Task brief: Reproduce exactly the lines of the material beneath, from the line that contains "burn_claimed id wei none = skip" to the line that contains "pub burn_after : ℕ", both included, and no other lines.
· · ·
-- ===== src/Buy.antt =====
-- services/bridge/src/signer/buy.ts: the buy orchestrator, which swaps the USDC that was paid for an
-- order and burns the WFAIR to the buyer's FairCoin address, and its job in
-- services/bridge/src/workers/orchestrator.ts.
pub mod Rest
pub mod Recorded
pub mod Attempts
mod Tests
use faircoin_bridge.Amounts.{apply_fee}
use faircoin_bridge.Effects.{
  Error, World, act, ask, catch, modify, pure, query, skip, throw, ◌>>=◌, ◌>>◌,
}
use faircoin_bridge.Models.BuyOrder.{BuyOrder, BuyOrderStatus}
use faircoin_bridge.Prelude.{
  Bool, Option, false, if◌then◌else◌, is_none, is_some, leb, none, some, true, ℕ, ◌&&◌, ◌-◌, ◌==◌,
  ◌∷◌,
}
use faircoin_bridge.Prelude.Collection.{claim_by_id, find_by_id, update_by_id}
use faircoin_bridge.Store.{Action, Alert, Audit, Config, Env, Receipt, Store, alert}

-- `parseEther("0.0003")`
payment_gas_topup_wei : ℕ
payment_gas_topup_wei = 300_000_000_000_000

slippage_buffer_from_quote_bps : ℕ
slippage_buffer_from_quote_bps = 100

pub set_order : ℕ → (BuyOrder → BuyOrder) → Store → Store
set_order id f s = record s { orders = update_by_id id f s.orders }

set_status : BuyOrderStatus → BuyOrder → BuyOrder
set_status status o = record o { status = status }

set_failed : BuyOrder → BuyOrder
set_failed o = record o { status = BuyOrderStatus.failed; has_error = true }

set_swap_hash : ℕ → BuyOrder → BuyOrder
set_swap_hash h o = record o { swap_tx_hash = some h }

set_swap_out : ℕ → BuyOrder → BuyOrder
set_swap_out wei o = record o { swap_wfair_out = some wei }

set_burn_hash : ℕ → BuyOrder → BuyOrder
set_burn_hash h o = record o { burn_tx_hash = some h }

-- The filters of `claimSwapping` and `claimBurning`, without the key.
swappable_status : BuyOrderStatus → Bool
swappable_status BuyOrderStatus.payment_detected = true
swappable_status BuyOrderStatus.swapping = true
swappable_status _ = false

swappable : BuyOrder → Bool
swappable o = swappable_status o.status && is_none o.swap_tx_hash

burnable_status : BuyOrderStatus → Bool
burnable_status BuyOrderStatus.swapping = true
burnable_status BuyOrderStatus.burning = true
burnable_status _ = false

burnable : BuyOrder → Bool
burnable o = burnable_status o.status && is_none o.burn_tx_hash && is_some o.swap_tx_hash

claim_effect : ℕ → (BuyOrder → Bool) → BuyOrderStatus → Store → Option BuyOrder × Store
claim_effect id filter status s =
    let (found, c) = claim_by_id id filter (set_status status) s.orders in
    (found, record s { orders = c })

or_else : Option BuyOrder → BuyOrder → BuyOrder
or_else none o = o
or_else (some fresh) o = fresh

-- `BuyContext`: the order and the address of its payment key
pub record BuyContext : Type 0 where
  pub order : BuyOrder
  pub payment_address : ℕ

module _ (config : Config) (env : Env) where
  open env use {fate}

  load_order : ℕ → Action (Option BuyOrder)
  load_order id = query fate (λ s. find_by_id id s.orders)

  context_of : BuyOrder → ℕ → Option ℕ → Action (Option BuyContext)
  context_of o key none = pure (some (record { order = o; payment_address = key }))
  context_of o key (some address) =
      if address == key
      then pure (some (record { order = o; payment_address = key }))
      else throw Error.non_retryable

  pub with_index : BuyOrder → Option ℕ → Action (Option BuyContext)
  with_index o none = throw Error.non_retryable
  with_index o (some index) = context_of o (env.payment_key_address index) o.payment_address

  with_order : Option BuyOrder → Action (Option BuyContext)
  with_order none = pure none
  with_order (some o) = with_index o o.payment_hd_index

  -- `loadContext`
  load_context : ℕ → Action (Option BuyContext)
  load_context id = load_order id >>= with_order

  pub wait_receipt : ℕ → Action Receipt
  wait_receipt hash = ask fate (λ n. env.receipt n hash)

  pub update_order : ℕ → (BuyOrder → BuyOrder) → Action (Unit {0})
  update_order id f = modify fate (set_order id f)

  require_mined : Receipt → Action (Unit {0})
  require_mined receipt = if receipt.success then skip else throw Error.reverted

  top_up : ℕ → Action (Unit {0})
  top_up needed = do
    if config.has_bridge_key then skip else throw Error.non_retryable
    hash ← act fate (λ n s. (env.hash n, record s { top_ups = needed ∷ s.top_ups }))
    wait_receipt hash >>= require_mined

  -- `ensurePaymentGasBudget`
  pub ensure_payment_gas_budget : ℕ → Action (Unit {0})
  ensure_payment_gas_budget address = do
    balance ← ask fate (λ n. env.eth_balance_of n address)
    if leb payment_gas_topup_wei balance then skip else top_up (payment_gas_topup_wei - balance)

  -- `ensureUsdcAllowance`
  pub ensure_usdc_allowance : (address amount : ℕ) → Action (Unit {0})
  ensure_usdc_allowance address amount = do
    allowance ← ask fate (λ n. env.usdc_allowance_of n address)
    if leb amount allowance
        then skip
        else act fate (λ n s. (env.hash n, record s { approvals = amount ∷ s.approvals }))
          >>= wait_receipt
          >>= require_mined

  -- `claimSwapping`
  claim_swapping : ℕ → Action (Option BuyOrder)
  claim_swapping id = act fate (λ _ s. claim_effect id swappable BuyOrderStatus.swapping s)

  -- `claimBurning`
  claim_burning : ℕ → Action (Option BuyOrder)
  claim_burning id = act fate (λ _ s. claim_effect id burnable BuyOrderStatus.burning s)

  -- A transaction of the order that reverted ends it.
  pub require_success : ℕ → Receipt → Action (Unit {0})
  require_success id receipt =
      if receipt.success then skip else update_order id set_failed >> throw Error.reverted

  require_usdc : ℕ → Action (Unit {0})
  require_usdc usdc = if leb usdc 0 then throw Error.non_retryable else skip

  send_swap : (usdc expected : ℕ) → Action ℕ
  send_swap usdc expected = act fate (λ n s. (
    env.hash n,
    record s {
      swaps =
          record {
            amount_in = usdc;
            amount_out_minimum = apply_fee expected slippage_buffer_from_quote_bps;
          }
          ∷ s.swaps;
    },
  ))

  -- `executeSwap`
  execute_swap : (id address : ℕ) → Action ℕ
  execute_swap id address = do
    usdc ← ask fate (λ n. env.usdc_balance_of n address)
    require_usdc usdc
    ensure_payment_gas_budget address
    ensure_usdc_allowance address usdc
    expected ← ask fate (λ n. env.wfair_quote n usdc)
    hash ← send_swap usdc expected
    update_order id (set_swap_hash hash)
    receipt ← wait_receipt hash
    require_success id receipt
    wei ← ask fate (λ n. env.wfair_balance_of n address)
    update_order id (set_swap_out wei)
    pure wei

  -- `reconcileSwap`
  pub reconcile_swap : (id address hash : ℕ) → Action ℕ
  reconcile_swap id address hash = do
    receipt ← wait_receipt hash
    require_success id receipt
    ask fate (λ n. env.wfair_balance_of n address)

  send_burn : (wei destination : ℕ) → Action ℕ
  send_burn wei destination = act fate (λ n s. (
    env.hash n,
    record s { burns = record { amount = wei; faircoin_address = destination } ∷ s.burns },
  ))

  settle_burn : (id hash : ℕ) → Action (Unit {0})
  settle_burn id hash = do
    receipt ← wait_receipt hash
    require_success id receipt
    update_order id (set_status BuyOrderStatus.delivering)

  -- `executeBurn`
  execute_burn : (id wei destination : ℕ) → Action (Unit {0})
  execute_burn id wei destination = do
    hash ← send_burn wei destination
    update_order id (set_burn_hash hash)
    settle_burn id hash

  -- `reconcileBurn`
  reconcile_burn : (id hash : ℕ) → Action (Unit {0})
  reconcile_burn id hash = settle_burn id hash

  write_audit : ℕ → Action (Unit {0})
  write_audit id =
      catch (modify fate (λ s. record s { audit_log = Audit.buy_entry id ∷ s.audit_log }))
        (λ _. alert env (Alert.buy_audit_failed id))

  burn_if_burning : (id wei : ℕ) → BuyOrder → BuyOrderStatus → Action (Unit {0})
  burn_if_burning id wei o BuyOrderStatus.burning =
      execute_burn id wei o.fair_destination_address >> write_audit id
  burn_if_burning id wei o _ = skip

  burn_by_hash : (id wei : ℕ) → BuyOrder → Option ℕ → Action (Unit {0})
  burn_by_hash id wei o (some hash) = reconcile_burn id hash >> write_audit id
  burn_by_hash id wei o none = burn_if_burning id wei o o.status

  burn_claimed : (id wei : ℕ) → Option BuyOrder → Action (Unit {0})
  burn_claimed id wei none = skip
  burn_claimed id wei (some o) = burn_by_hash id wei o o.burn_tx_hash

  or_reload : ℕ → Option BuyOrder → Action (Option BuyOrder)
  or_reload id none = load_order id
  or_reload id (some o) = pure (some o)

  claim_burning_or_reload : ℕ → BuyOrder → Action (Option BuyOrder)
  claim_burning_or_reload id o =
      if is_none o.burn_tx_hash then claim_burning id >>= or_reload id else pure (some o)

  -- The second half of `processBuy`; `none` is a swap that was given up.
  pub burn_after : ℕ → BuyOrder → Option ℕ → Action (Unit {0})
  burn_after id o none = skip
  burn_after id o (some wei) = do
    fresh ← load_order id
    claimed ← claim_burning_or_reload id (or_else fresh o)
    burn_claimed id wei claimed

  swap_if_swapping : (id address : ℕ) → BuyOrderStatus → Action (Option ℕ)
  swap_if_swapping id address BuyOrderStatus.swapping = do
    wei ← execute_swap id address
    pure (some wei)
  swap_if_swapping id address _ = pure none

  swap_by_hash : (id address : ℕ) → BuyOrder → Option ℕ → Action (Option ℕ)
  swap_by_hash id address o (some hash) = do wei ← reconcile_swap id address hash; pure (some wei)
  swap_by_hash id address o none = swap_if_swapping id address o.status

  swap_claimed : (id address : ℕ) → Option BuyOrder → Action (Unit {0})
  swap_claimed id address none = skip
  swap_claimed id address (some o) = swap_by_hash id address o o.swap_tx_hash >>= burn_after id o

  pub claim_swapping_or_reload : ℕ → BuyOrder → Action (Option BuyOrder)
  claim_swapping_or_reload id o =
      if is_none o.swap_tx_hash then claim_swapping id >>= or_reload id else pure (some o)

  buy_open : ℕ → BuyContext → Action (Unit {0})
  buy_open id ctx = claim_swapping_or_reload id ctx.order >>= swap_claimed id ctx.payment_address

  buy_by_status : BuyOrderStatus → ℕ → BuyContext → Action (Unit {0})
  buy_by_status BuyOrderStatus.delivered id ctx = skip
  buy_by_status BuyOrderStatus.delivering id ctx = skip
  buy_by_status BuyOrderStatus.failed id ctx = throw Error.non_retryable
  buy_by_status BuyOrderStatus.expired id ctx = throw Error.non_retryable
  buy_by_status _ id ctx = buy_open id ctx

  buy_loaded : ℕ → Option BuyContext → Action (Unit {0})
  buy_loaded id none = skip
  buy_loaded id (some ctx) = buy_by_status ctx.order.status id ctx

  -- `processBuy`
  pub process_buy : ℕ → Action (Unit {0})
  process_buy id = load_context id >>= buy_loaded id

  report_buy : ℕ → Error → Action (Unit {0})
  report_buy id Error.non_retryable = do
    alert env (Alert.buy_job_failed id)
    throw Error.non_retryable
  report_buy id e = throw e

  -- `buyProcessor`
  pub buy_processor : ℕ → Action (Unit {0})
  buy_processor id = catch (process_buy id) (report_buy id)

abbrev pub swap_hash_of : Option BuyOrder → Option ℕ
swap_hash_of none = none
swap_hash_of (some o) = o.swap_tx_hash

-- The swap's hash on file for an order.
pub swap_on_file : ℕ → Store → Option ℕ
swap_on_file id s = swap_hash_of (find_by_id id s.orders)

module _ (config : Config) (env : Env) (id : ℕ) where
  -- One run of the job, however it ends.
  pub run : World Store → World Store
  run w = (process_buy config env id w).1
· · ·
Solution to the exercise:
  burn_claimed id wei none = skip
  burn_claimed id wei (some o) = burn_by_hash id wei o o.burn_tx_hash

  or_reload : ℕ → Option BuyOrder → Action (Option BuyOrder)
  or_reload id none = load_order id
  or_reload id (some o) = pure (some o)

  claim_burning_or_reload : ℕ → BuyOrder → Action (Option BuyOrder)
  claim_burning_or_reload id o =
      if is_none o.burn_tx_hash then claim_burning id >>= or_reload id else pure (some o)

  -- The second half of `processBuy`; `none` is a swap that was given up.
  pub burn_after : ℕ → BuyOrder → Option ℕ → Action (Unit {0})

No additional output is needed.